The first Trump administration also launched an antitrust investigation into Apple (APPL:The Biden administration sued the iPhone maker earlier this year.
On November 19, US President-elect Donald Trump talks with Brendan Carr, who was planned by him to be the chairman of the Federal Communications Commission. ·via REUTERS / Reuters
Just days before taking office, Carr sent letters to Google CEO Sundar Pichai, Microsoft CEO Satya Nadella, Meta CEO Mark Zuckerberg and Apple CEO Tim Cook, predicting “sweeping action to restore Americans first amendment rights” when Trump takes office. .

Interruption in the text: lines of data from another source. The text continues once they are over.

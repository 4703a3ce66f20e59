-- ===== src/Trust/Log.antt =====
-- src/runlog.rs and src/ledger.rs as src/trust.rs uses them: an append and the history of the events,
-- each with its payload under `_subject`.
use trunnion.Prelude.{Text, codes, List, [], ◌∷◌, ◌++◌, ◌≡◌, ◌⊎◌}
use trunnion.Fault.{Result, ok}
use trunnion.Json.{Json, Digest, ReadsBack}
use trunnion.Merkle.Collision.{Collision}

pub record Log (j : Json) : Type 1 where
  pub Store : Type 0
  pub append : Text → j.Value → Store → Store × Result (Unit {0})
  pub history : Store → Result (List j.Value)

-- An event as the history shows it.
pub record IsEvent (j : Json) (kind : Text) (subject event : j.Value) : Type 0 where
  pub kind_eq : j.field event (codes "kind") ≡ j.str kind
  pub subject_eq : j.field event (codes "_subject") ≡ subject

-- On a store that is whole, an append of a payload that serde reads back, and that ends well, adds one event
-- at the end of the history and leaves the store whole, or there is a collision of SHA-256.
pub record IsAppendOnly (j : Json) (d : Digest) (log : Log j) (whole : log.Store → Type 0)
    : Type 0 where
  pub appended :
      (kind : Text) (subject : j.Value) (store after : log.Store) (events : List j.Value)
      → whole store
      → ReadsBack j subject
      → log.append kind subject store ≡ (after, ok tt)
      → log.history store ≡ ok events
      → (whole after
          × ((event : j.Value) × IsEvent j kind subject event
              × (log.history after ≡ ok (events ++ event ∷ []))))
        ⊎ Collision d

Many of these CEOs have spent time since Trump’s election trying to curry favor with the president-elect, meeting him in person at Trump’s Mar-a-Lago resort or donating large sums of money to Trump’s inaugural fund.
Trump has sent some mixed messages about how far he’s willing to go to hold tech companies accountable.
Asked on the campaign trail whether he supported breaking up Google as an antidote to unhealthy competition in the search engine market, Trump suggested that Google’s punishment could be met without forcing it to sell off parts of its empire.
“What you can do without taking it apart is make sure it’s fairer,” Trump said in an interview on Oct. 15. The former president called Google’s search engine “rigged” and expressed concern that the implications of the case for Google could favor China.
Google CEO Pichai said of Trump that “in my conversations with him, he’s definitely focused on American competitiveness, particularly technology, including artificial intelligence.”
Google and Alphabet CEO Sundar Pichai speaks at the New York Times’ annual DealBook Summit on Dec. 4. (Photo by Michael M. Santiago/Getty Images) ·Michael M. Santiago via Getty Images
Asked at the New York Times DealBook Summit in New York whether Trump’s election changes the dynamics of Google’s antitrust case, he said: .
“So I don’t have any particular idea about it,” he added, “and it will protect us there.”
Stack, a law professor at the University of Tennessee, predicted that antitrust enforcement would continue to be much more aggressive than under the administrations of Barack Obama, George W. Bush, Bill Clinton, George W. Bush and Ronald Reagan.
“While the antitrust system under Trump may not be the same as it was under Biden, it will not go back to the way it was.”
Alexis Keenan is a legal reporter for Yahoo Finance.Follow Alexis on X @alexiskweed:.